> **Work required**
Return the records below word for word.

> **Provided records**
------------------------------------------------
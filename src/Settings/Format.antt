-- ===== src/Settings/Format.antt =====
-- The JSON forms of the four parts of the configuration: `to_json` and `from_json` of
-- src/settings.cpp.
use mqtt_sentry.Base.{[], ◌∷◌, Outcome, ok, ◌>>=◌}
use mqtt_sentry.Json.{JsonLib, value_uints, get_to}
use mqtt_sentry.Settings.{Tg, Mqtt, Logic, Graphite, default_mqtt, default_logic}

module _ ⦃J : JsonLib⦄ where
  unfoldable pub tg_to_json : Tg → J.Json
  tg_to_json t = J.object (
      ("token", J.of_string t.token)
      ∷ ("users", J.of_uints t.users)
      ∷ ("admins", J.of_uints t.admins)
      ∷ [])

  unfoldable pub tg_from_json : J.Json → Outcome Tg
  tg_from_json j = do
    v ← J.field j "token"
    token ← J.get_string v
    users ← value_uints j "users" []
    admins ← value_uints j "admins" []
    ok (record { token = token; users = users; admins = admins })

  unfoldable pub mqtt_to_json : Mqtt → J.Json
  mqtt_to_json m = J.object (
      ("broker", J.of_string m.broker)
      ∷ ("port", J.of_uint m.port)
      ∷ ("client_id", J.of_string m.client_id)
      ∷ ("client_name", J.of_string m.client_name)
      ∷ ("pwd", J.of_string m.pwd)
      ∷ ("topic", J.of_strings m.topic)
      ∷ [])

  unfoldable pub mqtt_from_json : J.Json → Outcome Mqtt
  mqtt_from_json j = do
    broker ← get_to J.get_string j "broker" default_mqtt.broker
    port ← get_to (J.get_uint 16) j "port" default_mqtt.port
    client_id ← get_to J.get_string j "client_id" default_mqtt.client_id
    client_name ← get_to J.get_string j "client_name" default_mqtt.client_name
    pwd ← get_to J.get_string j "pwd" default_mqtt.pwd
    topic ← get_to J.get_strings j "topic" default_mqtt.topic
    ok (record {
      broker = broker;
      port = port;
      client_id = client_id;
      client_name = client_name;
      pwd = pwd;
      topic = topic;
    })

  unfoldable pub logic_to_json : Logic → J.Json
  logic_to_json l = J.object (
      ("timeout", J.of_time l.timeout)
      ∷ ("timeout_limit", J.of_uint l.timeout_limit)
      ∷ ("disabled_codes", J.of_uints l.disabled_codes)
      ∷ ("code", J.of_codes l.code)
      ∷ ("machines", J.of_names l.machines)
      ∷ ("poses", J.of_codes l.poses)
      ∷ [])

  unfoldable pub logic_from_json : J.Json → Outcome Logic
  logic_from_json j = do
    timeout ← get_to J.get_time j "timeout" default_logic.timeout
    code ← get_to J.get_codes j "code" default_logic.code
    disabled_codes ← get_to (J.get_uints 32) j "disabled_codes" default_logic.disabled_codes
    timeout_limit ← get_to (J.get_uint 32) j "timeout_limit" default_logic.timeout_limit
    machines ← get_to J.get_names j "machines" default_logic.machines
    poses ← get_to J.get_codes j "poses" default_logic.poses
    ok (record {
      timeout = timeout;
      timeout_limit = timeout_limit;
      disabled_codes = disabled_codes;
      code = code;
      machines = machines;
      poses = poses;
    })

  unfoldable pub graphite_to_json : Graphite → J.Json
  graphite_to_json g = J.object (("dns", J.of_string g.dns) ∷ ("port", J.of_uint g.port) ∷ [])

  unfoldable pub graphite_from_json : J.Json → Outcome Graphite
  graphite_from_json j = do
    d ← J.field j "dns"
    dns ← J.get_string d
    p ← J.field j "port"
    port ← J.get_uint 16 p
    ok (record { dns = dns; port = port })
------------------------------------------------
> **Answer area**
filename src/Settings/Format.antt
-- ===== src/Settings/Format.antt =====
-- The JSON forms of the four parts of the configuration: `to_json` and `from_json` of
-- src/settings.cpp.
use mqtt_sentry.Base.{[], ◌∷◌, Outcome, ok, ◌>>=◌}
use mqtt_sentry.Json.{JsonLib, value_uints, get_to}
use mqtt_sentry.Settings.{Tg, Mqtt, Logic, Graphite, default_mqtt, default_logic}

module _ ⦃J : JsonLib⦄ where
  unfoldable pub tg_to_json : Tg → J.Json
  tg_to_json t = J.object (
      ("token", J.of_string t.token)
      ∷ ("users", J.of_uints t.users)
      ∷ ("admins", J.of_uints t.admins)
      ∷ [])

  unfoldable pub tg_from_json : J.Json → Outcome Tg
  tg_from_json j = do
    v ← J.field j "token"
    token ← J.get_string v
    users ← value_uints j "users" []
    admins ← value_uints j "admins" []
    ok (record { token = token; users = users; admins = admins })

  unfoldable pub mqtt_to_json : Mqtt → J.Json
  mqtt_to_json m = J.object (
      ("broker", J.of_string m.broker)
      ∷ ("port", J.of_uint m.port)
      ∷ ("client_id", J.of_string m.client_id)
      ∷ ("client_name", J.of_string m.client_name)
      ∷ ("pwd", J.of_string m.pwd)
      ∷ ("topic", J.of_strings m.topic)
      ∷ [])

  unfoldable pub mqtt_from_json : J.Json → Outcome Mqtt
  mqtt_from_json j = do
    broker ← get_to J.get_string j "broker" default_mqtt.broker
    port ← get_to (J.get_uint 16) j "port" default_mqtt.port
    client_id ← get_to J.get_string j "client_id" default_mqtt.client_id
    client_name ← get_to J.get_string j "client_name" default_mqtt.client_name
    pwd ← get_to J.get_string j "pwd" default_mqtt.pwd
    topic ← get_to J.get_strings j "topic" default_mqtt.topic
    ok (record {
      broker = broker;
      port = port;
      client_id = client_id;
      client_name = client_name;
      pwd = pwd;
      topic = topic;
    })

  unfoldable pub logic_to_json : Logic → J.Json
  logic_to_json l = J.object (
      ("timeout", J.of_time l.timeout)
      ∷ ("timeout_limit", J.of_uint l.timeout_limit)
      ∷ ("disabled_codes", J.of_uints l.disabled_codes)
      ∷ ("code", J.of_codes l.code)
      ∷ ("machines", J.of_names l.machines)
      ∷ ("poses", J.of_codes l.poses)
      ∷ [])

  unfoldable pub logic_from_json : J.Json → Outcome Logic
  logic_from_json j = do
    timeout ← get_to J.get_time j "timeout" default_logic.timeout
    code ← get_to J.get_codes j "code" default_logic.code
    disabled_codes ← get_to (J.get_uints 32) j "disabled_codes" default_logic.disabled_codes
    timeout_limit ← get_to (J.get_uint 32) j "timeout_limit" default_logic.timeout_limit
    machines ← get_to J.get_names j "machines" default_logic.machines
    poses ← get_to J.get_codes j "poses" default_logic.poses
    ok (record {
      timeout = timeout;
      timeout_limit = timeout_limit;
      disabled_codes = disabled_codes;
      code = code;
      machines = machines;
      poses = poses;
    })

  unfoldable pub graphite_to_json : Graphite → J.Json
  graphite_to_json g = J.object (("dns", J.of_string g.dns) ∷ ("port", J.of_uint g.port) ∷ [])

  unfoldable pub graphite_from_json : J.Json → Outcome Graphite
  graphite_from_json j = do
    d ← J.field j "dns"
    dns ← J.get_string d
    p ← J.field j "port"
    port ← J.get_uint 16 p
    ok (record { dns = dns; port = port })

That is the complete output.